In fact, everyone in the lab will be able to use the computing resources available. Other potential “clients” include SLAC’s instrument for ultrafast electron diffraction (MeV-UED), Stanford’s Synchrotron Radiation Light Source (SSRL), the lab-scale machine learning initiative, and applications in accelerator science. In total, the S3DF will be able to support 80% of SLAC’s computing needs, while 20% of the most demanding scientific computations will be performed in offsite supercomputer facilities.

Several services under one roof

SRCF-II will host two other major data facilities.

One of them is the Rubin Observatory’s US Data Facility (USDF). In a few years, the observatory will begin taking images of the southern night sky from a mountaintop in Chile using its SLAC-built 3,200-megapixel camera. For the Legacy Survey of Space and Time (LSST), it will take two images every 37 seconds for 10 years. The resulting information could hold answers to some of the biggest questions about our universe, including what exactly is accelerating its expansion, but that information will be contained in a 60-petabyte catalog that researchers will have to sift through. The resulting image archive will be around 300 petabytes in size, dominating storage usage in SRCF-II. The USDF, along with two other centers in the UK and France, will handle the production of the huge catalog of data.

A third data center will serve SLAC’s first-generation X-ray laser user community. The existing IT infrastructure for LCLS data analysis will gradually transition to SRCF-II and become a much larger system there.

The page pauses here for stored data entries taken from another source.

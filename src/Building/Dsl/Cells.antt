-- ===== src/Building/Dsl/Cells.antt =====
-- building/dsl.py: the positions that each primitive yields, in the order of its loops.
pub mod Shapes
use ai_wodeshijie.Prelude.{
  Bool, true, not, ◌||◌, List, [], ◌∷◌, ◌++◌, map, concat_map, filter_by, if◌then◌else◌,
}
use ai_wodeshijie.Prelude.Int.{ℤ, pos, ◌+ℤ◌, ◌-ℤ◌, ◌==ℤ◌, range_ℤ}
use ai_wodeshijie.Building.Models.{Position}
use ai_wodeshijie.Building.Line.{Cell}

abbrev pub at : ℤ → ℤ → ℤ → Position
at x y z = record { x = x; y = y; z = z }

-- `range(a, b + 1)`
abbrev pub through : ℤ → ℤ → List ℤ
through a b = range_ℤ a (b +ℤ pos 1)

-- `floor`
unfoldable pub floor_cells : ℤ × ℤ → ℤ → ℤ × ℤ → List Position
floor_cells (x1, x2) y (z1, z2) =
    concat_map (λ x. map (λ z. at x y z) (through z1 z2)) (through x1 x2)

-- `wall`
unfoldable pub wall_cells : List Cell → ℤ → ℤ → List Position
wall_cells columns y height =
    concat_map (λ c. map (λ dy. at c.0 (y +ℤ dy) c.1) (range_ℤ (pos 0) height)) columns

-- `d in {0, s - 1}`
abbrev pub is_face : ℤ → ℤ → Bool
is_face d s = d ==ℤ pos 0 || d ==ℤ s -ℤ pos 1

abbrev pub is_shell : Position → Position → Bool
is_shell s d = is_face d.x s.x || is_face d.y s.y || is_face d.z s.z

-- The offsets of the three nested loops of `box`.
unfoldable pub offsets : Position → List Position
offsets s =
    concat_map
      (λ dx. concat_map (λ dy. map (λ dz. at dx dy dz) (range_ℤ (pos 0) s.z)) (range_ℤ (pos 0) s.y))
      (range_ℤ (pos 0) s.x)

abbrev pub shift : Position → Position → Position
shift o d = at (o.x +ℤ d.x) (o.y +ℤ d.y) (o.z +ℤ d.z)

-- `box`
unfoldable pub box_cells : Bool → Position → Position → List Position
unfolding offsets
box_cells hollow o s = map (shift o) (filter_by (λ d. not hollow || is_shell s d) (offsets s))

-- What `outline_rectangle` yields for one column of its rows, and for one row of its columns.
abbrev pub row_ends : ℤ → ℤ → ℤ → ℤ → List Position
row_ends y z1 z2 x = at x y z1 ∷ (if not (z2 ==ℤ z1) then at x y z2 ∷ [] else [])

abbrev pub column_ends : ℤ → ℤ → ℤ → ℤ → List Position
column_ends y x1 x2 z = at x1 y z ∷ (if not (x2 ==ℤ x1) then at x2 y z ∷ [] else [])

abbrev pub outline_rows : ℤ × ℤ → ℤ → ℤ × ℤ → List Position
outline_rows (x1, x2) y (z1, z2) = concat_map (row_ends y z1 z2) (through x1 x2)

abbrev pub outline_columns : ℤ × ℤ → ℤ → ℤ × ℤ → List Position
outline_columns (x1, x2) y (z1, z2) = concat_map (column_ends y x1 x2) (range_ℤ (z1 +ℤ pos 1) z2)

-- `outline_rectangle`
unfoldable pub outline_cells : ℤ × ℤ → ℤ → ℤ × ℤ → List Position
outline_cells xs y zs = outline_rows xs y zs ++ outline_columns xs y zs

-- `offset if axis == "X" else 0`, and the other way round
abbrev pub beside : Bool → Position → ℤ → ℤ → Position
beside along_x o offset dy =
    at (o.x +ℤ (if along_x then offset else pos 0)) (o.y +ℤ dy)
      (o.z +ℤ (if along_x then pos 0 else offset))

-- `doorway`: the two posts, one cell higher than the opening, then the lintel
unfoldable pub doorway_cells : Bool → Position → ℤ → ℤ → List Position
doorway_cells along_x o width height =
    concat_map (λ dy. beside along_x o (pos 0) dy ∷ beside along_x o (width +ℤ pos 1) dy ∷ [])
      (range_ℤ (pos 0) (height +ℤ pos 1))
    ++ map (λ offset. beside along_x o offset height) (range_ℤ (pos 1) (width +ℤ pos 1))
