-- ===== src/Building/Dsl.antt =====
-- building/dsl.py: the primitives that turn an operation of the DSL into blocks. A generator is the
-- list of what it yields: its checks raise before the first block, or at every block alike, and
-- the caller drops all blocks when anything raises.
pub mod Cells
pub mod Fills
pub mod Compile
use ai_wodeshijie.Prelude.{
  String, Bool, not, ◌&&◌, ◌||◌, Option, none, some, List, [], ◌∷◌, map, codes, same_codes, upper,
  if◌then◌else◌,
}
use ai_wodeshijie.Prelude.Int.{ℤ, pos, ltb_ℤ, ◌==ℤ◌, sorted2}
use ai_wodeshijie.Prelude.Result.{Result, ok, err, ◌>>=◌, ◌>>◌, guard}
use ai_wodeshijie.Json.{
  Value, null, bool, int, str, obj, Fields, get, truthy, or_else, strip, has_colon, is_blank,
}
use ai_wodeshijie.Building.Models.{Position, BlueprintBlock, BlueprintError}
use ai_wodeshijie.Building.Line.{line}
use Cells.{floor_cells, wall_cells, box_cells, outline_cells, doorway_cells}

-- What the code calls of Python and of its library on values that are not texts or integers, and
-- to name a blueprint: `str`, `int`, `dict`, `json.dumps` and `uuid5` in the URL namespace.
pub record Host : Type 0 where
  pub show : Value → String
  pub to_int : Value → Option ℤ
  pub to_dict : Value → Option Fields
  pub dumps : Value → String
  pub uuid5 : String → String

-- One constructor for each message.
pub data DslError : Type 0 where
  not_an_integer bad_item wall_corners wall_levels wall_height box_corners box_size : DslError
  doorway_origin doorway_shape no_operations not_an_object unknown_primitive : DslError
  conflicting_material too_many_blocks unconvertible line_unfinished : DslError
  invalid_blueprint : BlueprintError → DslError

abbrev pub Checked : Type 0 → Type 0
Checked = Result DslError

-- `_integer`: a Boolean is no integer here
unfoldable pub integer : Value → Checked ℤ
integer (int n) = ok n
integer _ = err not_an_integer

-- `str(v)`
unfoldable pub show_str : Host → Value → String
show_str h (str s) = s
show_str h v = h.show v

-- `_item`
unfoldable pub item : Host → Fields → Checked String
unfolding show_str
item h op =
    let name = strip (show_str h (or_else (get op "item") (or_else (get op "item_id") (str "")))) in
    if is_blank name || not (has_colon name) then err bad_item else ok name

-- `_block`
unfoldable pub block : Host → Fields → Position → Checked BlueprintBlock
unfolding item
block h op at = do
  name ← item h op
  ok (record {
    at = at;
    item_id = name;
    block_id = some (show_str h (or_else (get op "block_id") (str name)));
    face = show_str h (or_else (get op "face") (str "UP"));
    optional = truthy (get op "optional");
  })

unfoldable pub blocks : Host → Fields → List Position → Checked (List BlueprintBlock)
unfolding block
blocks h op [] = ok []
blocks h op (at ∷ cells) = do b ← block h op at; rest ← blocks h op cells; ok (b ∷ rest)

unfoldable pub floor : Host → Fields → Checked (List BlueprintBlock)
unfolding integer
floor h op = do
  x1 ← integer (get op "x1")
  x2 ← integer (get op "x2")
  z1 ← integer (get op "z1")
  z2 ← integer (get op "z2")
  y ← integer (get op "y")
  blocks h op (floor_cells (sorted2 x1 x2) y (sorted2 z1 z2))

-- The three coordinates of a corner, which has to be a mapping.
unfoldable pub corner : DslError → Value → Checked Position
unfolding integer
corner e (obj c) = do
  x ← integer (get c "x")
  y ← integer (get c "y")
  z ← integer (get c "z")
  ok (record { x = x; y = y; z = z })
corner e _ = err e

-- `isinstance(v, dict)`
unfoldable pub is_object : Value → Bool
is_object (obj c) = Bool.true
is_object _ = Bool.false

unfoldable pub wall : Host → Fields → Checked (List BlueprintBlock)
unfolding corner is_object
wall h op = do
  guard (is_object (get op "start") && is_object (get op "end")) wall_corners
  a ← corner wall_corners (get op "start")
  b ← corner wall_corners (get op "end")
  guard (a.y ==ℤ b.y) wall_levels
  height ← integer (get op "height")
  guard (not (ltb_ℤ height (pos 1))) wall_height
  columns ← elim (line a.x a.z b.x b.z) [ none ↦ err line_unfinished | some cells ↦ ok cells ]
  blocks h op (wall_cells columns a.y height)

unfoldable pub box : Host → Fields → Checked (List BlueprintBlock)
unfolding corner is_object
box h op = do
  guard (is_object (get op "origin") && is_object (get op "size")) box_corners
  o ← corner box_corners (get op "origin")
  s ← corner box_corners (get op "size")
  guard (not (ltb_ℤ s.x (pos 1) || ltb_ℤ s.y (pos 1) || ltb_ℤ s.z (pos 1))) box_size
  blocks h op (box_cells (truthy (get op "hollow")) o s)

unfoldable pub outline_rectangle : Host → Fields → Checked (List BlueprintBlock)
unfolding integer
outline_rectangle h op = do
  x1 ← integer (get op "x1")
  x2 ← integer (get op "x2")
  z1 ← integer (get op "z1")
  z2 ← integer (get op "z2")
  y ← integer (get op "y")
  blocks h op (outline_cells (sorted2 x1 x2) y (sorted2 z1 z2))

unfoldable pub doorway : Host → Fields → Checked (List BlueprintBlock)
unfolding corner integer
doorway h op = do
  o ← corner doorway_origin (get op "origin")
  width ← integer (get op "width")
  height ← integer (get op "height")
  let axis = upper (show_str h (or_else (get op "axis") (str "X")))
  let along_x = same_codes axis (codes "X")
  guard
      (not (ltb_ℤ width (pos 1))
        && not (ltb_ℤ height (pos 2))
        && (along_x || same_codes axis (codes "Z")))
      doorway_shape
  blocks h op (doorway_cells along_x o width height)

Although each data center has specific needs in terms of technical specifications, they all rely on a core of shared services: data must always be transferred, stored, analyzed and managed. Working closely with Stanford, Rubin Observatory, LCLS and other partners, the Perazzo and Adesanya teams are implementing all three systems.

For Adesanya, this unified approach – which includes a cost model that will help pay for future upgrades and growth – is a dream come true. “Historically, computing at SLAC was highly distributed and each facility would have its own specialized system,” he said. “The new, more centralized approach will help drive new lab-scale initiatives, such as machine learning, and by breaking down silos and converging into an integrated data facility, we’re building something that’s more capable than the sum of everything we had before.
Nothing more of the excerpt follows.